• _Records from a dataset_
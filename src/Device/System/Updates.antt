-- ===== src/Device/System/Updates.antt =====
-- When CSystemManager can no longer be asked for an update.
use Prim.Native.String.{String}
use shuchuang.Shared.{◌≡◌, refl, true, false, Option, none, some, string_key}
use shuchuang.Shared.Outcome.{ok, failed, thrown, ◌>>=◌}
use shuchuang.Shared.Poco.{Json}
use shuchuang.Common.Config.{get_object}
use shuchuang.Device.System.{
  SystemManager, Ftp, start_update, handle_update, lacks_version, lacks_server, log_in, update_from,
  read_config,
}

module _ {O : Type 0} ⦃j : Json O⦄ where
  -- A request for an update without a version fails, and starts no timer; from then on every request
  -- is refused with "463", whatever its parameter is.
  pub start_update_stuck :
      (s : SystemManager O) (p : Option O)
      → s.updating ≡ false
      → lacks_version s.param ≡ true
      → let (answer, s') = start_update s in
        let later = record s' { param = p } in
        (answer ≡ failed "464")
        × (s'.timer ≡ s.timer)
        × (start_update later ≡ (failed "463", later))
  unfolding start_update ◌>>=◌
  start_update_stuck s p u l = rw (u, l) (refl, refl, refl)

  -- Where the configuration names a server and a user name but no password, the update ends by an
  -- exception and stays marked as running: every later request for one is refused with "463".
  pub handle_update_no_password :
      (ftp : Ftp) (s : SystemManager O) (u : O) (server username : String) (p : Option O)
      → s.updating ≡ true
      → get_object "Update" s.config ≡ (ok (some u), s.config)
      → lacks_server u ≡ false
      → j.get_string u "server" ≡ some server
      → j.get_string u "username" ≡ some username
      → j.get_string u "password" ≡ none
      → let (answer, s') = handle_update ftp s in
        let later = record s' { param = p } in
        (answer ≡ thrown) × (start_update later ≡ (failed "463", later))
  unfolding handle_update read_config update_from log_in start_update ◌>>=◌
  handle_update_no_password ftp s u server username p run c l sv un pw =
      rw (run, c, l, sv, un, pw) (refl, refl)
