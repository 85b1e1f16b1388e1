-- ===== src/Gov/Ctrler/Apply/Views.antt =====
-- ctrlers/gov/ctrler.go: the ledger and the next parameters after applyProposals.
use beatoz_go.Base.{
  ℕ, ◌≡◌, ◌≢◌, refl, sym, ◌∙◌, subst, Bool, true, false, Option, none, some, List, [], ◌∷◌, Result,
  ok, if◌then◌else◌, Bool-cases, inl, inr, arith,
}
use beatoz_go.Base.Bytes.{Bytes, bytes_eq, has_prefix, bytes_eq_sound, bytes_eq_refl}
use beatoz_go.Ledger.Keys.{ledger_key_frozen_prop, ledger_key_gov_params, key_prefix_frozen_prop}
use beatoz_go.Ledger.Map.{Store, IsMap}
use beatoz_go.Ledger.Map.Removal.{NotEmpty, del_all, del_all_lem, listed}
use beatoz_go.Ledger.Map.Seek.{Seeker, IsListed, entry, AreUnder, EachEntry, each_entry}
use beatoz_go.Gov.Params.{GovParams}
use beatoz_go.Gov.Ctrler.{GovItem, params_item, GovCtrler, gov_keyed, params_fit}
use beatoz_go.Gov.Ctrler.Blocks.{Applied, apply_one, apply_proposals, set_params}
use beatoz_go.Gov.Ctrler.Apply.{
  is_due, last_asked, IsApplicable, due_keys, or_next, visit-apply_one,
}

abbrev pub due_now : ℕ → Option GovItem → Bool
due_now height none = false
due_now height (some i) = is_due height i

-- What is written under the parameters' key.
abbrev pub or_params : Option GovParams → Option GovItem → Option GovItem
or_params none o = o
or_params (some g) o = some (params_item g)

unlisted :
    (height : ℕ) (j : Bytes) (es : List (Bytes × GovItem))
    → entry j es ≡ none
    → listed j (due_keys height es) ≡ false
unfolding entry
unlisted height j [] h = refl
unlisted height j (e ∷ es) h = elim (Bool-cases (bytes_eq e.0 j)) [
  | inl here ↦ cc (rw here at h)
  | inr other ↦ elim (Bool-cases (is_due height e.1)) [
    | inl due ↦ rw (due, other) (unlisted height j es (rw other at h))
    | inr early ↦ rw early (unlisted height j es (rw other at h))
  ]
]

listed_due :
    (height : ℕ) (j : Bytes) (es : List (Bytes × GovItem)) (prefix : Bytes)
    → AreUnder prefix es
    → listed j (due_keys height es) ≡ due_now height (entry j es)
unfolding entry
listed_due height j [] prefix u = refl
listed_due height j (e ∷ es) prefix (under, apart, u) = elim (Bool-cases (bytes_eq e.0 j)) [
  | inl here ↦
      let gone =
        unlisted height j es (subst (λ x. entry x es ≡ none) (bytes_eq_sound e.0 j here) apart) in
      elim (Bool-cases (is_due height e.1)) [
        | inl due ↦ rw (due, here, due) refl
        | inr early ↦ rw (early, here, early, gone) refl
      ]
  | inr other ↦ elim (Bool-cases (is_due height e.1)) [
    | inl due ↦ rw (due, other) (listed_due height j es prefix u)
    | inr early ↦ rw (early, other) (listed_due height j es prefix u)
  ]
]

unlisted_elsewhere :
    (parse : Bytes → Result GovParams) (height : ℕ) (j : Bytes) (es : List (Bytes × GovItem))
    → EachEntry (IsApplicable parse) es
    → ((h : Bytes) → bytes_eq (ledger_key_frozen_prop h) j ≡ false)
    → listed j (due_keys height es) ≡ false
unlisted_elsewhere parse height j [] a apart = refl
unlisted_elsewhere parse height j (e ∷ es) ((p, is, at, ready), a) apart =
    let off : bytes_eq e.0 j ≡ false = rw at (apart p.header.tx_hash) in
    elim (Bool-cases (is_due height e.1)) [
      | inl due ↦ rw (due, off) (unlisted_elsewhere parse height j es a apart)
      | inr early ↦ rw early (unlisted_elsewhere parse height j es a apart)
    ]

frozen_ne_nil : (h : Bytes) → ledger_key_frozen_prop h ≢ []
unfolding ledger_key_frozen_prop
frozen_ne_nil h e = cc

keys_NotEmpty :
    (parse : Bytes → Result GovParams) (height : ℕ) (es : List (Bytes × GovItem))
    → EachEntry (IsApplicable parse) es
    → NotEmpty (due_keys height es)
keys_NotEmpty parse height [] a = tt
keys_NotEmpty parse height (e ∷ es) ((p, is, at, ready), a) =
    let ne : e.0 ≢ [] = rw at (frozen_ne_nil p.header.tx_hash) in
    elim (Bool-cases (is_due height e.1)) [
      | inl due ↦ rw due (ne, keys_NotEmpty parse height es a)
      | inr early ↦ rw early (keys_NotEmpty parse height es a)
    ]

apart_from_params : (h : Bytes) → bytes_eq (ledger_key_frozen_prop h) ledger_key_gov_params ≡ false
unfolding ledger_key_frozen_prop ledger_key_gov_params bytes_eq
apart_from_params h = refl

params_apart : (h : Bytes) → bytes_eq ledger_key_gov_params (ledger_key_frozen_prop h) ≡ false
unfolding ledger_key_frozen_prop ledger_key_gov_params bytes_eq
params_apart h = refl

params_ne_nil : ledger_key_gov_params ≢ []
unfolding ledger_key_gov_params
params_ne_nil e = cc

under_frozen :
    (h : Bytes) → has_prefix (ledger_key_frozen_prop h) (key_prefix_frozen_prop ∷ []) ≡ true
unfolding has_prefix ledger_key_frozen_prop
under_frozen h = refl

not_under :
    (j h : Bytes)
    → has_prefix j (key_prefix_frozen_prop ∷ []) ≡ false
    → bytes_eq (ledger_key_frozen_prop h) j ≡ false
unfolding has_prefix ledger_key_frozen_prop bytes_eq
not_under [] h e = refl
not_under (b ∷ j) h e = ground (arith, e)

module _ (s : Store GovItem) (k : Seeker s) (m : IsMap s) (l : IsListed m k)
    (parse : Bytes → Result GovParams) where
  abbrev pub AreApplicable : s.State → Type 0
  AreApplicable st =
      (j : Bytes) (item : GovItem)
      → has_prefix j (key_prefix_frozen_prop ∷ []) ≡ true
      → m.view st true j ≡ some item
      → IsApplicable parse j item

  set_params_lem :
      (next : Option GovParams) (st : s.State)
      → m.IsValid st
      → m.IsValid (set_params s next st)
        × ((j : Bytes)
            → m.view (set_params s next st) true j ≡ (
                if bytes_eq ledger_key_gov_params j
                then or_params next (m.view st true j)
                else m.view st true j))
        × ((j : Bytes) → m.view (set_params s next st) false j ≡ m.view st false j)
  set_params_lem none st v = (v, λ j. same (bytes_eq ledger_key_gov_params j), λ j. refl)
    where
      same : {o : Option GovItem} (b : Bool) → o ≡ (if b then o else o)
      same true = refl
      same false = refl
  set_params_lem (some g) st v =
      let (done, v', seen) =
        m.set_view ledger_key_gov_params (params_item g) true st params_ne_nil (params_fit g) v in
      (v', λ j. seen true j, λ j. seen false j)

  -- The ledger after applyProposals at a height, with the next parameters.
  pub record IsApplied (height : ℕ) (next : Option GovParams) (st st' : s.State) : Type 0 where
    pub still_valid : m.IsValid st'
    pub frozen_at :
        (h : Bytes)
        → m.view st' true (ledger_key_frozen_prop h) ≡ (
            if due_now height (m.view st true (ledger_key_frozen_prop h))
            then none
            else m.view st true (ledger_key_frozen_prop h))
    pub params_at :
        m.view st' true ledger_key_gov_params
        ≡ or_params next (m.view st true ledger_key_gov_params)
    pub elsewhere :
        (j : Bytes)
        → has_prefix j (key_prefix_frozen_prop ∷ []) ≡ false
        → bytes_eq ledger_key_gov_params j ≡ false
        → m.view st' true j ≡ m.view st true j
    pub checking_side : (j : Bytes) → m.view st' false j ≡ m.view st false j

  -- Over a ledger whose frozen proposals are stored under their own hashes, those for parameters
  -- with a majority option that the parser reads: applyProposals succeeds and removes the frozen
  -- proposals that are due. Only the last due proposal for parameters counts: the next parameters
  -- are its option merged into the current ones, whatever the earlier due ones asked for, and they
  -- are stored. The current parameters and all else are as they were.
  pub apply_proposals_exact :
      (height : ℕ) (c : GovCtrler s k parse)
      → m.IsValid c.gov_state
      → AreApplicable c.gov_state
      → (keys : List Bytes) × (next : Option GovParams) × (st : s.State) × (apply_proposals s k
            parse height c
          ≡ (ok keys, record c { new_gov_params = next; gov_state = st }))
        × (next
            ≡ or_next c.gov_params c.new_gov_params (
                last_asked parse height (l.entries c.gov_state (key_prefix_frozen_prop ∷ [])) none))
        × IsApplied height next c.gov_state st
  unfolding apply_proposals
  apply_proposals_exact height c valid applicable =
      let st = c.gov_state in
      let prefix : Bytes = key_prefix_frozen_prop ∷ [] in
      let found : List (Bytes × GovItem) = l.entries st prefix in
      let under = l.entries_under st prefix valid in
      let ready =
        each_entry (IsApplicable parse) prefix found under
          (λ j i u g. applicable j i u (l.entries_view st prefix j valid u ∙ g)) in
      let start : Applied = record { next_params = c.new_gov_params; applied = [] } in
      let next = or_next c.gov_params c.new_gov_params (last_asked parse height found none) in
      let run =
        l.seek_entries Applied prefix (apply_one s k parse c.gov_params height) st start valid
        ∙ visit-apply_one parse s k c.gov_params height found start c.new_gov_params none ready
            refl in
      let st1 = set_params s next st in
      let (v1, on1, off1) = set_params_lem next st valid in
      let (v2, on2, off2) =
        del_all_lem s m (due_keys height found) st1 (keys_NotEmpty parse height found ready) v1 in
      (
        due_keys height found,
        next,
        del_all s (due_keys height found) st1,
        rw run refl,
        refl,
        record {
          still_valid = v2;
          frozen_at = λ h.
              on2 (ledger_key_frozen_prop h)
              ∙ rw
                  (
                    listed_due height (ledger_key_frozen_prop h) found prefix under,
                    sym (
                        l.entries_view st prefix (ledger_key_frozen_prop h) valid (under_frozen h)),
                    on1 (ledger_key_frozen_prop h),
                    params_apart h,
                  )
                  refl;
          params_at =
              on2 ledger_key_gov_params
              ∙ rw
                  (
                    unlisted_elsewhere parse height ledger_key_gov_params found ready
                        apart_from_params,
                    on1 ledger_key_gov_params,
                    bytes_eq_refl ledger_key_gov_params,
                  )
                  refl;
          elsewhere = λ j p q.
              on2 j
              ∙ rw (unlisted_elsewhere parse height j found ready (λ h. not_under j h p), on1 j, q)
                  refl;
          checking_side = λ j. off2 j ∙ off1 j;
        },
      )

• _Task instructions_
Where a line of the records holds the word "cases", copy that line.

• _Answer to this problem_
  ok, if◌then◌else◌, Bool-cases, inl, inr, arith,
unlisted height j (e ∷ es) h = elim (Bool-cases (bytes_eq e.0 j)) [
  | inr other ↦ elim (Bool-cases (is_due height e.1)) [
listed_due height j (e ∷ es) prefix (under, apart, u) = elim (Bool-cases (bytes_eq e.0 j)) [
      elim (Bool-cases (is_due height e.1)) [
  | inr other ↦ elim (Bool-cases (is_due height e.1)) [
    elim (Bool-cases (is_due height e.1)) [
    elim (Bool-cases (is_due height e.1)) [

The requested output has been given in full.